I was concerned that I was unclear, but somewhat uncertain as to how
to be more so.

I am not concerned about there being a smooth, curved boundary to any
set of points. I am content to work with a shape defined by the
points that are the farthest from any given location (for simplicity,
imagine the center) within the cluster of data points. These maximal
points define what I would call the boundary of the shape and the
shape would be a connect-the-dots type shape.

Is that any clearer?

Todd

I don't think there is a built-in library to do what you want. I suggest
posting this question in comp.graphics.algorithms, it seems more
appropriate for this kind of question.

 

[Daniel Pitts]

Pete,

Imagine a bubble-letter C or U, like the kind middle-school girls
draw. Now, imagine just taking a pen and filling the bubble-letter
with dots. Remove the bubble-letter border, leaving just the dots,
and you have the data set that I am starting with.

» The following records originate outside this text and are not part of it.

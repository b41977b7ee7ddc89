-- ===== src/Queue.antt =====
-- How the server works off its queue: `zuth_executeRequest` and `zuth_processTasks` of
-- examples/zuthServer.c.
pub mod Libraries
pub mod Documented
pub mod Batch
pub mod InOrder
pub mod Keeps
use ua_rate_throttling.Common.{
  ℕ, ◌%◌, ◌^◌, Bool, ◌&&◌, true, false, Option, none, some, List, [], ◌∷◌, ◌++◌, Bytes, codes,
  length, if◌then◌else◌, c_string, snprintf, ◌>>=◌,
}
use ua_rate_throttling.Zoo.{ZooCode, is_zok}
use ua_rate_throttling.Znode.{buffer_size}
use ua_rate_throttling.Task.{task_id_cmp}
use ua_rate_throttling.Task.Order.{Qsort}
use Libraries.{Host, ByteString}

-- `snprintf(pathToTask, 65535, "%s/%s", data, strings->data[i])`
unfoldable pub path_to_task : Bytes → Bytes → Bytes
path_to_task queue name = snprintf buffer_size (queue ++ codes "/" ++ name)

module _ (host : Host) where
  open host use {
    World, zoo_get, zoo_delete, json_loads, json_object_get, json_integer_value, json_string_value,
    base64_decode, secure_channel, process_chunks,
  }

  -- The `UA_ByteString` that is processed. `g_base64_decode` of a null pointer returns one and leaves
  -- the length as it was set.
  decode_request : ℕ → Option Bytes → ByteString
  decode_request offset none = record { length = offset; bytes = none }
  decode_request offset (some conv) = record {
    length = length (base64_decode conv);
    bytes = some (base64_decode conv);
  }

  -- The document of a task: the id of the client's channel, and the message. `none` where the
  -- document cannot be parsed or has no message.
  unfoldable pub read_request : Bytes → Option (ℕ × ByteString)
  unfolding decode_request
  read_request buffer = do
    json_root ← json_loads buffer
    let offset = json_integer_value (json_object_get json_root (codes "offset"))
    j_string ← json_object_get json_root (codes "dst")
    let dst = decode_request offset (json_string_value j_string)
    let j_channel = json_object_get json_root (codes "channelId")
    some (json_integer_value j_channel % 2 ^ 32, dst)

  -- Behind the two early returns of `zuth_executeRequest`: process the message, delete the task.
  run_request : Bytes → World → Option (ℕ × ByteString) → Option World
  run_request string_request world none = some world
  run_request string_request world (some (channel_id, dst)) = do
    processed ← process_chunks (secure_channel channel_id world) dst world
    some (zoo_delete string_request processed)

  -- `zuth_executeRequest`. `none` is undefined behaviour in the code that it calls.
  unfoldable pub execute_request : Bytes → World → Option World
  unfolding run_request
  execute_request string_request world =
      run_request string_request world (read_request (zoo_get string_request world))

  -- The loop over the sorted children.
  unfoldable pub execute_all : Bytes → List Bytes → World → Option World
  execute_all queue [] world = some world
  execute_all queue (name ∷ names) world = do
    world' ← execute_request (path_to_task queue name) world
    execute_all queue names world'

  -- `zuth_processTasks`: the flag `running` and the world behind the callback. The children are a
  -- null pointer where the listing failed.
  unfoldable pub process_tasks :
      Qsort → ZooCode → Option (List Bytes) → Bytes → Bool → World → Option (Bool × World)
  process_tasks q rc none queue running world = some (running && is_zok rc, world)
  process_tasks q rc (some strings) queue running world = do
    sorted ← q.sort task_id_cmp strings
    world' ← execute_all queue sorted world
    some (running && is_zok rc, world')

Visually, you can see the "edge" defined by where the points are
and where the points are not. This interface between have and
have not is what I am calling the boundary.

I am trying to create an algorithm that will locate those points
that are at the interface between have and have not. And then
use those points to create an approximation of the shape (imagine
a non-smooth bubble-letter). This closed polygon can then be
used to define those points which are inside and those points
which are not.

I don't feel like I have clarified my position very well.

Another example that I have just thought of is a bit more
abstract. Imagine you have a supply of rocks and a sling-shot.
You will be shooting the rocks into the air over a body of
water. When you hear a splash, you write down the angles
and strength of launch. Once you have launched a whole
bunch of rocks, you then convert the data to x and y and
plot the result. This would be an approximate map of the
body of water. Now, if there were a peninsula in the water,
there will be a void in the plot. You would be able to
see this. The shore of the water is the boundary of the
points and would define whether the rock is wet or not.

Again, not feeling like I am too clear, so let me know
if I need to try again.

Todd

Ah, at this point it sounds like you're dealing with more
pattern-recognition type of problems, and more appropriate to an A.I.
newsgroup or fuzzy-logic.

Good luck.

 

[Arved Sandstrom]

Imagine a bubble-letter C or U, like the kind middle-school girls
draw. Now, imagine just taking a pen and filling the bubble-letter
with dots. Remove the bubble-letter border, leaving just the dots,
and you have the data set that I am starting with.

Visually, you can see the "edge" defined by where the points are
and where the points are not. This interface between have and
have not is what I am calling the boundary. [...]

If I understand the question correctly, what you're looking for is a lot
harder than the convex hull mentioned earlier.

Ignoring for the moment all of the additional complexities that surely
will come up, it seems like the basic criteria is of "dot density".

[ SNIP ]

I tend to agree. One crude approach is to simply divide the area in question
into subareas, perhaps tiling with triangles or hexagons, and define a
polygon as being part of the shape if it contains enough points.

Another similar approach is to triangulate the point set, perhaps with a
Delaunay triangulation (the advantage of this being that there are
well-known algorithms for it, not to mention quite a few libraries). You
could then apply an area criterion to each triangle to see if it belongs to
the shape.

AHS

 

[i.dont.need]

I have a bunch of points (defined in 2-D space, i.e., x-y coordinates)
that have a well-defined range that is easy to determine visually. I
need to determine the boundary of the input set of points and then
later test if a new point falls inside or outside of the boundary.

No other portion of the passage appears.